John Sparkman spent 18 years on the school board in Picher, and led the push among locals to get a government buyout. He said that after numerous students showed learning disabilities, 'We implemented every kind of program we could, but there was no end in sight. It's not that every kid is affected, but we are responsible for those who are.'
A classroom sits empty at Picher Cardin High School.
Ed Keheley, 71, stands near a collapsed mine shaft in an abandoned neighborhood in Picher. Keheley, a retired nuclear engineer who is writing a history of mining in Picher, says there are more than 100 shafts in town and 1203 shafts in the area. This one had already closed by 1926, when an illegal distillery was discovered inside it with 40,000 gallons of whiskey. Keheley says it was the largest illegal still raided during Prohibition. Born in Flippin, Ark., Keheley moved to Picher at age one, when his father came to work in the mines. The family moved to California when Ed was 14 as mining operations were declining. 'I can't think of a better place to have been raised,' he said of the close-knit community, 'there was no upper class here, so everybody was in a level playing field.' He moved back to the region after retiring and took up the cause of people affected by lead poisoning, helping to advocate for the buyout.
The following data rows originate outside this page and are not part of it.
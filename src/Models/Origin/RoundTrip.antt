-- ===== src/Models/Origin/RoundTrip.antt =====
-- What JSON makes of the dictionary of an origin, and its reading.
use nighwatch.Common.{
  ℕ, zero, suc, String, ◌<>◌, true, false, some, List, [], ◌∷◌, ◌≡◌, ◌≢◌, refl, arith, All, ok, err,
  eq_iff, map, contains,
}
use nighwatch.Python.Int.{pos}
use nighwatch.Python.Json.{str, int, arr, items, fields, as_json, as_items, as_fields}
use nighwatch.Python.Runtime.{Runtime}
use nighwatch.Python.Str.{strip}
use nighwatch.Models.Config.{ScopeOrigin, origin_dict, strs}
use nighwatch.Models.FromDict.{ModelError, config, get, texts, texts_or, within, int_or}
use nighwatch.Models.Host.{normalize_host}
use nighwatch.Models.Origin.{
  add_nat, sort_nats, in_port_range, method_set, host_of, port_numbers, ports_from,
  origin_from_fields, origin_from_dict, is_empty_list,
}
use nighwatch.Models.Origin.Laws.{IsAscending, IsPort, IsPorts}
use nighwatch.Models.Engagement.{stripped, origins_from}

pub texts-map : (F : Type 0) (ss : List String) → texts {F = F} (items (map str ss)) ≡ some ss
unfolding texts items
texts-map F [] = refl
texts-map F (s ∷ ss) = ground (arith, texts-map F ss)

pub as_items-strs :
    (F : Type 0) (ss : List String) → as_items {F = F} (items (map str ss)) ≡ items (map str ss)
unfolding as_items items
as_items-strs F [] = refl
as_items-strs F (s ∷ ss) = ground (arith, as_items-strs F ss)

as_items-ints :
    (F : Type 0) (ns : List ℕ)
    → as_items {F = F} (items (map (λ n. int (pos n)) ns)) ≡ items (map (λ n. int (pos n)) ns)
unfolding as_items items
as_items-ints F [] = refl
as_items-ints F (n ∷ ns) = ground (arith, as_items-ints F ns)

add_nat_least : (n : ℕ) (ms : List ℕ) → IsAscending (n ∷ ms) → add_nat n ms ≡ n ∷ ms
unfolding add_nat
add_nat_least n [] h = refl
add_nat_least n (m ∷ ms) h = ground (arith, h.0)

sort_nats_sorted : (ns : List ℕ) → IsAscending ns → sort_nats ns ≡ ns
unfolding sort_nats
sort_nats_sorted [] h = refl
sort_nats_sorted (n ∷ []) h = unfold add_nat in refl
sort_nats_sorted (n ∷ m ∷ ms) h =
    ground (arith, sort_nats_sorted (m ∷ ms) h.1, add_nat_least n (m ∷ ms) h)

in_port_range-map : (ns : List ℕ) → All IsPort ns → in_port_range (map pos ns) ≡ some ns
unfolding in_port_range within
in_port_range-map [] h = refl
in_port_range-map (zero ∷ ns) h = ground (arith, h.0)
in_port_range-map (suc n ∷ ns) h = ground (arith, h.0, in_port_range-map ns h.1)

-- A text that `strip` leaves alone, and not empty.
abbrev pub IsTrim : String → Type 0
IsTrim s = (strip s ≡ s) × (s ≢ "")

pub stripped_trim : (ss : List String) → All IsTrim ss → stripped ss ≡ ss
unfolding stripped
stripped_trim [] h = refl
stripped_trim (s ∷ ss) h = ground (arith, h.0.0, h.0.1, eq_iff s "", stripped_trim ss h.1)

is_empty_list_not : (xs : List String) → xs ≢ [] → is_empty_list xs ≡ false
is_empty_list_not [] h = absurd (h refl)
is_empty_list_not (x ∷ xs) h = refl

module _ (R : Runtime) where
  -- A host that normalisation leaves alone.
  abbrev pub IsNormalHost : String → Type 0
  IsNormalHost host = normalize_host R host ≡ ok host

  -- An origin that reading leaves alone.
  pub record IsNormalOrigin (o : ScopeOrigin) : Type 0 where
    pub web : contains ("http" ∷ "https" ∷ []) o.scheme ≡ true
    pub lower_scheme : R.lower o.scheme ≡ o.scheme
    pub host : IsNormalHost o.host
    pub ports : IsPorts o.ports
    pub methods : method_set R o.methods ≡ o.methods
    pub some_method : o.methods ≢ []

  port_numbers-map :
      (message : String) (ns : List ℕ)
      → port_numbers R message (items (map (λ n. int (pos n)) ns)) ≡ ok (map pos ns)
  unfolding port_numbers items int_or
  port_numbers-map message [] = refl
  port_numbers-map message (n ∷ ns) = ground (arith, port_numbers-map message ns)

  ports_from-map :
      (host : String) (ns : List ℕ)
      → IsPorts ns
      → ports_from R host (some (arr (items (map (λ n. int (pos n)) ns)))) ≡ ok ns
  unfolding ports_from items
  ports_from-map host [] (range, ascending, some_port) = absurd (some_port refl)
  ports_from-map host (n ∷ ns) (range, ascending, some_port) = ground (
    arith,
    port_numbers-map ("invalid ports for " <> host) (n ∷ ns),
    in_port_range-map (n ∷ ns) range,
    sort_nats_sorted (n ∷ ns) ascending,
  )

  pub strs_text :
      (message : String) (default ss : List String)
      → texts_or message default (some (strs {F = R.Float} ss)) ≡ ok ss
  unfolding texts_or
  strs_text message default ss = ground (arith, texts-map R.Float ss)

  origin_round_trip :
      (o : ScopeOrigin) → IsNormalOrigin o → origin_from_dict R (as_json (origin_dict o)) ≡ ok o
  unfolding origin_from_dict origin_from_fields origin_dict fields get as_json as_fields
  origin_round_trip o h =
      let read_host : host_of R o.host ≡ ok o.host = ground (arith, h.host) in
      let ports = ports_from-map o.host o.ports h.ports in
      let prefixes =
        strs_text ("path_prefixes for " <> o.host <> " must be a list of strings") ("/" ∷ [])
          o.path_prefixes in
      let methods =
        strs_text ("methods for " <> o.host <> " must be a list of strings") ("GET" ∷ [])
          o.methods in
      let some : is_empty_list o.methods ≡ false = is_empty_list_not o.methods h.some_method in
      rw
        (
          h.lower_scheme,
          h.web,
          read_host,
          as_items-ints R.Float o.ports,
          as_items-strs R.Float o.path_prefixes,
          as_items-strs R.Float o.methods,
          ports,
          prefixes,
          methods,
          h.methods,
          some,
        )
        refl

  pub origins_round_trip :
      (os : List ScopeOrigin)
      → All IsNormalOrigin os
      → origins_from R (as_items (items (map origin_dict os))) ≡ ok os
  unfolding origins_from items as_items
  origins_round_trip [] h = refl
  origins_round_trip (o ∷ os) h = rw (origin_round_trip o h.0, origins_round_trip os h.1) refl

  -- The message for the ports of an origin that are no list.
  abbrev pub no_ports : ScopeOrigin → ModelError
  no_ports o = config ("allowed origin " <> o.host <> " must declare at least one port")

  tuple_origin_refused :
      (o : ScopeOrigin) → IsNormalOrigin o → origin_from_dict R (origin_dict o) ≡ err (no_ports o)
  unfolding origin_from_dict origin_from_fields origin_dict fields get ports_from
  tuple_origin_refused o h =
      let read_host : host_of R o.host ≡ ok o.host = ground (arith, h.host) in
      rw (h.lower_scheme, h.web, read_host) refl

  pub tuple_origins_refused :
      (o : ScopeOrigin) (os : List ScopeOrigin)
      → IsNormalOrigin o
      → origins_from R (items (map origin_dict (o ∷ os))) ≡ err (no_ports o)
  unfolding origins_from items
  tuple_origins_refused o os h = rw (tuple_origin_refused o h) refl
Tires float with other junk in a pond formed by a collapsed mine outside Picher. Before the ground at this spot collapsed into the cavern below, leaving a 250-foot wide hole, there were three mine shafts visible at the surface, each with a five-by-seven-foot opening. The threat of more such collapses eventually prompted the government to offer buyouts to Picher residents.
Steps lead to an empty slab below the Premier chat pile.
Sixty-five feet below Picher Cardin High School's gorilla statue is an old mining cavern. It's 106 feet tall, 300 feet in diameter and is supported by a single 18-foot diameter concrete pillar – a 'toothpick' according to Ed Keheley – that was poured in 1939.
Because it's listed in the National Register of Historic Places, this church in Picher escaped the demolition fate of many of the town's structures.
A cross stands near an empty slab in PIcher.